To do: In the listing that follows, the lines starting at the one containing "abbrev pub is_running : LaneState → Bool" and ending at the one containing "is_stopped LaneState.drained = false" are to be returned exactly, both boundary lines included, and no others.
[Task inputs — start]
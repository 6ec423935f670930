-- ===== src/Scheduler/Completion.antt =====
-- src/scheduler.rs: what `validate_completion` accepts, and what storing accepted results does.
use hataori_rs.Prelude.{
  ℕ, zero, suc, ◌+◌, ◌≤◌, ◌<◌, ◌≡◌, refl, Option, none, some, List, [], ◌∷◌, ◌++◌, arith, length,
  get_elem?, set, drop, count, ok, panic, length-set, count-append, length-map, length-append,
  append_assoc, ◌↔◌, ◌≢◌,
}
use hataori_rs.Scheduler.State.{ItemResult, RunningMeta, BatchId}
use hataori_rs.Scheduler.Batches.{check_result, check_results, validate_completion, fill}
use hataori_rs.Scheduler.Places.{below, filled, filled-set, result_indices, member-count}

get_elem?-prefix :
    (front : List ℕ) (x : ℕ) (back : List ℕ) → get_elem? (front ++ x ∷ back) (length front) ≡ some x
get_elem?-prefix [] x back = refl
get_elem?-prefix (y ∷ front) x back = get_elem?-prefix front x back

drop-all : (xs : List ℕ) (n : ℕ) → length xs ≤ n → drop n xs ≡ []
drop-all [] zero h = refl
drop-all [] (suc n) h = refl
drop-all (x ∷ xs) zero h = absurd (omega arith)
drop-all (x ∷ xs) (suc n) h = drop-all xs n (omega arith)

drop-get_elem? : (xs : List ℕ) (n x : ℕ) → get_elem? xs n ≡ some x → drop n xs ≡ x ∷ drop (n + 1) xs
drop-get_elem? [] n x h = cc
drop-get_elem? (y ∷ xs) zero x h = ground arith
drop-get_elem? (y ∷ xs) (suc n) x h = ground (arith, drop-get_elem? xs n x)

get_elem?-in_range : (xs : List ℕ) (n : ℕ) → n < length xs → get_elem? xs n ≢ none
get_elem?-in_range [] n h = absurd (omega arith)
get_elem?-in_range (x ∷ xs) zero h = λ e. cc
get_elem?-in_range (x ∷ xs) (suc n) h = get_elem?-in_range xs n (omega arith)

module _ {U : Type 0} where
  -- Indices that are in range, unfilled and distinct are stored, each in its slot.
  pub fill_lem :
      (results : List (ItemResult U)) (ordered : List (Option U))
      → ((i : ℕ) → count i (result_indices results) + filled i ordered ≤ below (length ordered) i)
      → (ordered' : List (Option U)) × (fill results ordered ≡ ok ordered')
        × (length ordered' ≡ length ordered)
        × ((i : ℕ) → filled i ordered' ≡ filled i ordered + count i (result_indices results))
  unfolding fill
  fill_lem [] ordered h = (ordered, refl, refl, λ i. omega arith)
  fill_lem (r ∷ results) ordered h =
      let index = r.original_index in
      let ordered₁ = set ordered index (some r.value) in
      let inside : index < length ordered = ground (arith, h index) in
      let (ordered', done, size, slots) = fill_lem results ordered₁ (λ i. ground (
        arith,
        h i,
        filled-set i index r.value ordered,
        length-set ordered index (some r.value),
      )) in
      (
        ordered',
        ground arith,
        ground (arith, length-set ordered index (some r.value)),
        λ i. ground (arith, h i, slots i, filled-set i index r.value ordered),
      )

  -- The loop passes over a batch's own indices.
  check_results-ok :
      (front seen : List ℕ) (results : List (ItemResult U)) (ordered : List (Option U))
      → ((i : ℕ)
          → count i (front ++ result_indices results) + filled i ordered ≤ below (length ordered) i)
      → ((i : ℕ) → count i seen ≤ count i front)
      → check_results (front ++ result_indices results) ordered (length front) seen results ≡ ok tt
  unfolding check_results check_result
  check_results-ok front seen [] ordered h sub = refl
  check_results-ok front seen (r ∷ results) ordered h sub =
      let index = r.original_index in
      let rest = result_indices results in
      ground (
        arith,
        h index,
        sub index,
        member-count index seen,
        count-append index front (index ∷ rest),
        get_elem?-prefix front index rest,
        append_assoc front (index ∷ []) rest,
        length-append front (index ∷ []),
        check_results-ok (front ++ index ∷ []) (index ∷ seen) results ordered
            (λ i. ground (arith, h i, append_assoc front (index ∷ []) rest))
            (λ i. ground (arith, sub i, count-append i front (index ∷ []))),
      )

  -- A passed loop has met the batch's indices, in order.
  check_results-indices :
      (indices seen : List ℕ) (ordered : List (Option U)) (position : ℕ)
      (results : List (ItemResult U))
      → check_results indices ordered position seen results ≡ ok tt
      → length indices ≡ position + length results
      → drop position indices ≡ result_indices results
  unfolding check_results check_result
  check_results-indices indices seen ordered position [] h size =
      drop-all indices position (omega arith)
  check_results-indices indices seen ordered position (r ∷ results) h size = ground (
    arith,
    drop-get_elem? indices position r.original_index,
    check_results-indices indices (r.original_index ∷ seen) ordered (position + 1) results,
  )

  -- A batch's results are accepted exactly when they carry its id and its indices in its order.
  pub validate_completion-ok :
      (ordered : List (Option U)) (running : RunningMeta) (batch_id : BatchId)
      (results : List (ItemResult U))
      → ((i : ℕ) → count i running.original_indices + filled i ordered ≤ below (length ordered) i)
      → (validate_completion ordered running batch_id results ≡ ok tt)
        ↔ ((running.batch_id ≡ batch_id) × (running.original_indices ≡ result_indices results))
  unfolding validate_completion
  validate_completion-ok ordered running batch_id results h = (
    λ passed. ground (arith, check_results-indices running.original_indices [] ordered 0 results),
    λ (same_id, same). ground (
      arith,
      length-map (λ (r : ItemResult U). r.original_index) results,
      check_results-ok [] [] results ordered (λ i. ground (arith, h i)) (λ i. omega arith),
    ),
  )

  check_results-ne-panic :
      (indices seen : List ℕ) (ordered : List (Option U)) (position : ℕ)
      (results : List (ItemResult U))
      → position + length results ≤ length indices
      → check_results indices ordered position seen results ≢ panic
  unfolding check_results check_result
  check_results-ne-panic indices seen ordered position [] h e = cc
  check_results-ne-panic indices seen ordered position (r ∷ results) h e = ground (
    arith,
    get_elem?-in_range indices position,
    check_results-ne-panic indices (r.original_index ∷ seen) ordered (position + 1) results,
  )

  -- `metadata.original_indices[position]` is always in range.
  pub validate_completion-ne-panic :
      (ordered : List (Option U)) (running : RunningMeta) (batch_id : BatchId)
      (results : List (ItemResult U))
      → validate_completion ordered running batch_id results ≢ panic
  unfolding validate_completion
  validate_completion-ne-panic ordered running batch_id results e =
      ground (arith, check_results-ne-panic running.original_indices [] ordered 0 results)
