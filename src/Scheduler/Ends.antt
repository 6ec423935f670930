-- ===== src/Scheduler/Ends.antt =====
-- src/scheduler.rs: how a coordinator is made, when it is done, and what it returns.
use hataori_rs.Prelude.{
  ℕ, ◌+◌, ◌^◌, Bool, true, false, ◌&&◌, Option, none, some, List, [], ◌∷◌, Result, ok, err, ltb,
  eqb, if◌then◌else◌, length, is_empty, replicate, not,
}
use hataori_rs.Prelude.Int.{ℤ, is_negative, int_beq, int_key}
use hataori_rs.Prelude.Assoc.{lookup, insert, total}
use hataori_rs.Prelude.Fallible.{◌>>=◌, ◌>>◌, ensure}
use hataori_rs.Scheduler.State.{ScheduledItem, LaneState, Coordinator, SchedulerError}

-- The loop over `remote_ranks`: negative ranks, the root and repeated ranks are refused.
unfoldable pub add_remotes :
    ℤ → List ℤ → List (ℤ × LaneState) → Result SchedulerError (List (ℤ × LaneState))
add_remotes root_rank [] remotes = ok remotes
add_remotes root_rank (rank ∷ ranks) remotes =
    let rest = add_remotes root_rank ranks (insert rank LaneState.idle remotes) in
    if is_negative rank
    then err SchedulerError.invalid_remote
    else if int_beq rank root_rank
    then err SchedulerError.root_in_remotes
    else elim (lookup rank remotes) [
      | some state ↦ err SchedulerError.duplicate_remote
      | none ↦ rest
    ]

-- The items with their positions; `u64::try_from(index)` is the test.
unfoldable pub enqueue : {T : Type 0} → ℕ → List T → Result SchedulerError (List (ScheduledItem T))
enqueue index [] = ok []
enqueue index (value ∷ items) =
    let rest = enqueue (index + 1) items in
    if ltb index (2 ^ 64)
    then (rest >>= λ queue. ok (record { original_index = index; value = value } ∷ queue))
    else err SchedulerError.index_overflow

abbrev pub is_running : LaneState → Bool
is_running (LaneState.running current prefetched stopping) = true
is_running LaneState.idle = false
is_running LaneState.stopped = false
is_running LaneState.drained = false

abbrev pub is_stopped : LaneState → Bool
is_stopped LaneState.stopped = true
is_stopped LaneState.idle = false
is_stopped (LaneState.running current prefetched stopping) = false
is_stopped LaneState.drained = false

abbrev pub is_drained : LaneState → Bool
is_drained LaneState.drained = true
is_drained LaneState.idle = false
is_drained (LaneState.running current prefetched stopping) = false
is_drained LaneState.stopped = false

abbrev pub running_weight : LaneState → ℕ
running_weight state = if is_running state then 1 else 0

unfoldable pub all_drained : List (ℤ × LaneState) → Bool
all_drained [] = true
all_drained ((rank, state) ∷ remotes) = is_drained state && all_drained remotes

-- The collection of `ordered` into a `Vec`, which stops at the first empty slot.
unfoldable pub collect : {U : Type 0} → List (Option U) → Result SchedulerError (List U)
collect [] = ok []
collect (none ∷ slots) = err SchedulerError.missing_result
collect (some value ∷ slots) = collect slots >>= λ values. ok (value ∷ values)

module _ {T U : Type 0} where
  unfoldable pub new_with_prefetch :
      ℤ → List ℤ → List T → ℕ → Bool → Result SchedulerError (Coordinator T U)
  unfolding add_remotes enqueue
  new_with_prefetch root_rank remote_ranks items batch_size prefetch = do
    ensure (not (is_negative root_rank)) SchedulerError.invalid_root
    remotes ← add_remotes root_rank remote_ranks []
    pending ← enqueue 0 items
    ok (record {
      pending = pending;
      ordered = replicate (length pending) none;
      batch_size = batch_size;
      next_batch_id = 0;
      root = LaneState.idle;
      remotes = remotes;
      prefetch = prefetch;
      failed = false;
    })

  unfoldable pub running_count : Coordinator T U → ℕ
  running_count c = running_weight c.root + total running_weight c.remotes

  unfoldable pub is_quiescent : Coordinator T U → Bool
  unfolding running_count
  is_quiescent c = is_empty c.pending && eqb (running_count c) 0

  unfoldable pub is_finished : Coordinator T U → Bool
  unfolding running_count all_drained
  is_finished c = is_stopped c.root && (all_drained c.remotes && eqb (running_count c) 0)

  unfoldable pub into_results : Coordinator T U → Result SchedulerError (List U)
  unfolding is_finished collect
  into_results c =
      if c.failed
      then err SchedulerError.failed
      else if not (is_finished c)
      then err SchedulerError.not_finished
      else collect c.ordered
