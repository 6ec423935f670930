-- ===== src/Scheduler/Invariant.antt =====
-- src/scheduler.rs: the coordinator's invariant, and what a safe call is.
use hataori_rs.Prelude.{
  ℕ, ◌+◌, ◌≤◌, ◌<◌, ◌^◌, ◌≡◌, Bool, true, false, none, some, [], length, count, Result, ok, err,
  panic,
}
use hataori_rs.Prelude.Assoc.{total, AllValues}
use hataori_rs.Scheduler.State.{LaneState, Coordinator, SchedulerError}
use hataori_rs.Scheduler.Batches.{indices_of}
use hataori_rs.Scheduler.Ends.{is_stopped}
use hataori_rs.Scheduler.Places.{below, held, named, filled}

-- A remote lane holds a second batch only with prefetching on and while it is not stopping.
abbrev pub RemoteShape : Bool → LaneState → Type 0
RemoteShape prefetch (LaneState.running current (some next) stopping) =
    (prefetch ≡ true) × (stopping ≡ false)
RemoteShape prefetch (LaneState.running current none stopping) = Unit
RemoteShape prefetch LaneState.idle = Unit
RemoteShape prefetch LaneState.stopped = Unit
RemoteShape prefetch LaneState.drained = Unit

-- The root lane holds one batch at most, is never asked to stop while it runs, and never drained.
abbrev pub RootShape : LaneState → Type 0
RootShape LaneState.idle = Unit
RootShape (LaneState.running current none false) = Unit
RootShape (LaneState.running current none true) = ⊥
RootShape (LaneState.running current (some next) stopping) = ⊥
RootShape LaneState.stopped = Unit
RootShape LaneState.drained = ⊥

module _ {T U : Type 0} where
  -- How often an index stands in the queue, the lanes and the filled slots together.
  abbrev pub place : Coordinator T U → ℕ → ℕ
  place c i =
      count i (indices_of c.pending) + held i c.root + total (held i) c.remotes + filled i c.ordered

  abbrev pub outstanding_ids : Coordinator T U → ℕ → ℕ
  outstanding_ids c j = named j c.root + total (named j) c.remotes

  pub record Inv (c : Coordinator T U) : Type 0 where
    -- No index is in two places, and none is out of range.
    pub once : (i : ℕ) → place c i ≤ below (length c.ordered) i
    -- Unless the run failed, no index is lost.
    pub kept : c.failed ≡ false → (i : ℕ) → below (length c.ordered) i ≤ place c i
    pub cleared : c.failed ≡ true → c.pending ≡ []
    -- The root stops only when nothing is left to hand out.
    pub stopped_empty : is_stopped c.root ≡ true → c.pending ≡ []
    -- Outstanding batches have different ids, all of them used up.
    pub fresh : (j : ℕ) → outstanding_ids c j ≤ below c.next_batch_id j
    -- Ids last: each batch takes an item at least.
    pub budget : c.next_batch_id + length c.pending ≤ length c.ordered
    pub addressable : length c.ordered < 2 ^ 64
    pub nonzero : 0 < c.batch_size
    pub root_shape : RootShape c.root
    pub remote_shapes : AllValues (RemoteShape c.prefetch) c.remotes

  -- A call ends well: it does not panic, an error leaves the coordinator as it was, and a success
  -- meets `Q`.
  abbrev pub Safe :
      {A : Type 0}
      → Coordinator T U
      → (A → Coordinator T U → Type 0)
      → Result SchedulerError A × Coordinator T U
      → Type 0
  Safe c Q (ok a, s) = Q a s
  Safe c Q (err e, s) = s ≡ c
  Safe c Q (panic, s) = ⊥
[Task inputs — finish]
Exercise output:
abbrev pub is_running : LaneState → Bool
is_running (LaneState.running current prefetched stopping) = true
is_running LaneState.idle = false
is_running LaneState.stopped = false
is_running LaneState.drained = false

abbrev pub is_stopped : LaneState → Bool
is_stopped LaneState.stopped = true
is_stopped LaneState.idle = false
is_stopped (LaneState.running current prefetched stopping) = false
is_stopped LaneState.drained = false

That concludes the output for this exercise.